• Task prompt: Report back the lines in this listing that carry the string "answers".
Top of Records to process
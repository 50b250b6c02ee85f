-- ===== src/Net/Loops/Order.antt =====
-- The answers leave the connection in the order of the messages, whatever the goroutines' order is.
use golang_tools.Base.{
  ◌≡◌, refl, ap, ◌∙◌, sym, List, [], ◌∷◌, ◌++◌, append_assoc, Option, none, some,
}
use golang_tools.Net.{ClientMsg}
use golang_tools.Net.Loops.{
  break_off, cut, Codec, reading, handing, asking, sending, Outgoing, Conn, Step, read, fail,
  hang_up, tell, hand, refuse, garble, answer, pass, write, lose, Move, own, push, Reach, begin,
  later,
}
use golang_tools.Net.Loops.Messages.{messages, messages-none, messages-some}
use golang_tools.Net.Loops.Pending.{
  replies, taken, coded, replies-append, unread, framed, replies_to, undelivered, pend, pending,
  Kept, Missing-same, few_pending, Missing-closing, Missing-reset, Missing-open, Missing-now,
  Missing-shut,
}

module _ {In Frame S : Type 0} (codec : Codec In Frame)
    (call_back : S → ClientMsg → S × Option ClientMsg) where
  pending-asking :
      (c : Conn In Frame S) (m : ClientMsg) (res : Option ClientMsg)
      → c.deliverer ≡ asking m
      → (call_back c.session m).1 ≡ res
      → pending codec call_back c
        ≡ taken c.writer
          ++ framed codec call_back res (
              replies_to codec call_back
                (call_back c.session m).0
                (unread c.reader (messages codec c.incoming)))
  unfolding replies_to
  pending-asking c m res at_ask e =
      ap (λ d. pend codec call_back c.writer d c.session c.reader (messages codec c.incoming))
        at_ask
      ∙ ap
          (λ o.
            taken c.writer
            ++ framed codec call_back o (
                replies_to codec call_back (call_back c.session m).0
                  (unread c.reader (messages codec c.incoming))))
          e

  pending-framed :
      (c : Conn In Frame S) (m r : ClientMsg) (o : Option Frame)
      → c.deliverer ≡ asking m
      → (call_back c.session m).1 ≡ some r
      → codec.encode r ≡ o
      → pending codec call_back c
        ≡ taken c.writer
          ++ coded o (
              replies_to codec call_back
                (call_back c.session m).0
                (unread c.reader (messages codec c.incoming)))
  pending-framed c m r o at_ask res e =
      pending-asking c m (some r) at_ask res
      ∙ ap
          (λ f.
            taken c.writer
            ++ coded f (
                replies_to codec call_back (call_back c.session m).0
                  (unread c.reader (messages codec c.incoming))))
          e

  -- A frame that is sent moves from what is missing to what is sent.
  Kept-write :
      (all rest ps : List Frame) (os : List (Outgoing Frame)) (o : Outgoing Frame)
      → replies os ++ rest ≡ all
      → rest ≡ taken (some o) ++ ps
      → replies (os ++ (o ∷ [])) ++ ps ≡ all
  Kept-write all rest ps os o e h =
      ap (λ xs. xs ++ ps) (replies-append os o)
      ∙ append_assoc (replies os) (taken (some o)) ps
      ∙ ap (λ xs. replies os ++ xs) (sym h)
      ∙ e

  Step-Kept :
      (all : List Frame) (c d : Conn In Frame S)
      → Step codec call_back c d
      → Kept codec call_back all c
      → Kept codec call_back all d
  Step-Kept all c d (read m rest at_read got) (left, e, h) = (
    left,
    e,
    Missing-same codec call_back c.link left (pending codec call_back c) _
        (ap (λ r. pend codec call_back c.writer c.deliverer c.session r (messages codec c.incoming))
            at_read
          ∙ ap (pend codec call_back c.writer c.deliverer c.session reading)
              (messages-some codec c.incoming rest m got))
        h,
  )
  Step-Kept all c d (fail at_read over) (left, e, h) = (
    left,
    e,
    Missing-same codec call_back c.link left (pending codec call_back c) _
        (ap (λ r. pend codec call_back c.writer c.deliverer c.session r (messages codec c.incoming))
            at_read
          ∙ ap (pend codec call_back c.writer c.deliverer c.session reading)
              (messages-none codec c.incoming over))
        h,
  )
  Step-Kept all c d (break_off at_read gone) (left, e, h) =
      (left, e, Missing-reset codec call_back c.link left _ gone)
  Step-Kept all c d (hang_up at_fail) (left, e, h) = (
    left,
    e,
    Missing-closing codec call_back c.link left
        (pend codec call_back c.writer c.deliverer c.session reading []) _
        (few_pending codec call_back c.writer c.deliverer c.session)
        (Missing-same codec call_back c.link left (pending codec call_back c) _
          (ap
            (λ r. pend codec call_back c.writer c.deliverer c.session r (messages codec c.incoming))
            at_fail)
          h),
  )
  Step-Kept all c d (tell at_leave) (left, e, h) = (
    left,
    e,
    Missing-same codec call_back c.link left (pending codec call_back c) _
        (ap (λ r. pend codec call_back c.writer c.deliverer c.session r (messages codec c.incoming))
          at_leave)
        h,
  )
  Step-Kept all c d (hand m at_hand idle) (left, e, h) = (
    left,
    e,
    Missing-same codec call_back c.link left (pending codec call_back c) _
        (ap (λ r. pend codec call_back c.writer c.deliverer c.session r (messages codec c.incoming))
            at_hand
          ∙ ap
              (λ x.
                pend codec call_back c.writer x c.session (handing m) (messages codec c.incoming))
              idle)
        h,
  )
  Step-Kept all c d (refuse m at_ask no_answer) (left, e, h) = (
    left,
    e,
    Missing-same codec call_back c.link left (pending codec call_back c) _
        (pending-asking c m none at_ask no_answer) h,
  )
  Step-Kept all c d (garble m r at_ask res bad) (left, e, h) = (
    left,
    e,
    Missing-same codec call_back c.link left (pending codec call_back c) _
        (pending-framed c m r none at_ask res bad) h,
  )
  Step-Kept all c d (answer m r f at_ask res good) (left, e, h) = (
    left,
    e,
    Missing-same codec call_back c.link left (pending codec call_back c) _
        (pending-framed c m r (some f) at_ask res good) h,
  )
  Step-Kept all c d (pass f at_send free) (left, e, h) = (
    left,
    e,
    Missing-same codec call_back c.link left (pending codec call_back c) _
        (ap (λ x. pend codec call_back c.writer x c.session c.reader (messages codec c.incoming))
            at_send
          ∙ ap
              (λ w.
                pend codec call_back w (sending f) c.session c.reader (messages codec c.incoming))
              free)
        h,
  )
  Step-Kept all c d (write o at_write still_open) (left, e, h) =
      let rest =
        undelivered codec call_back c.deliverer c.session
          (unread c.reader (messages codec c.incoming)) in
      let whole : left ≡ taken (some o) ++ rest =
        Missing-open codec call_back c.link left (pending codec call_back c) still_open h
        ∙ ap
            (λ w. pend codec call_back w c.deliverer c.session c.reader (messages codec c.incoming))
            at_write in
      (
        rest,
        Kept-write all left rest c.sent o e whole,
        Missing-now codec call_back c.link rest still_open,
      )
  Step-Kept all c d (lose o at_write shut) (left, e, h) =
      (left, e, Missing-shut codec call_back c.link left (pending codec call_back c) _ shut h)

  Move-Kept :
      (all : List Frame) (c d : Conn In Frame S)
      → Move codec call_back c d
      → Kept codec call_back all c
      → Kept codec call_back all d
  Move-Kept all c d (own st) k = Step-Kept all c d st k
  Move-Kept all c d (push m f good free) (left, e, h) = (
    left,
    e,
    Missing-same codec call_back c.link left (pending codec call_back c) _
        (ap (λ w. pend codec call_back w c.deliverer c.session c.reader (messages codec c.incoming))
          free)
        h,
  )
  Move-Kept all c d (cut was_up) (left, e, h) = (left, e, tt)

  -- In every reachable state of a connection, whatever the order of the goroutines and whatever is sent
  -- from outside: the answers that were sent are a front of the answers to all messages that come in, in
  -- the order of the messages. While the connection is up what is missing is just what the goroutines
  -- hold or have not read; if ReadRecvMsg has closed it at most two answers are missing, unless the other
  -- side has reset it.
  pub Reach-Kept :
      (i : In) (s : S) (c : Conn In Frame S)
      → Reach codec call_back i s c
      → Kept codec call_back (replies_to codec call_back s (messages codec i)) c
  Reach-Kept i s c begin = (replies_to codec call_back s (messages codec i), refl, refl)
  Reach-Kept i s d (later {c} r mv) =
      Move-Kept (replies_to codec call_back s (messages codec i)) c d mv (Reach-Kept i s c r)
Bottom of Records to process
• Response for this exercise:
-- The answers leave the connection in the order of the messages, whatever the goroutines' order is.
  -- from outside: the answers that were sent are a front of the answers to all messages that come in, in
  -- hold or have not read; if ReadRecvMsg has closed it at most two answers are missing, unless the other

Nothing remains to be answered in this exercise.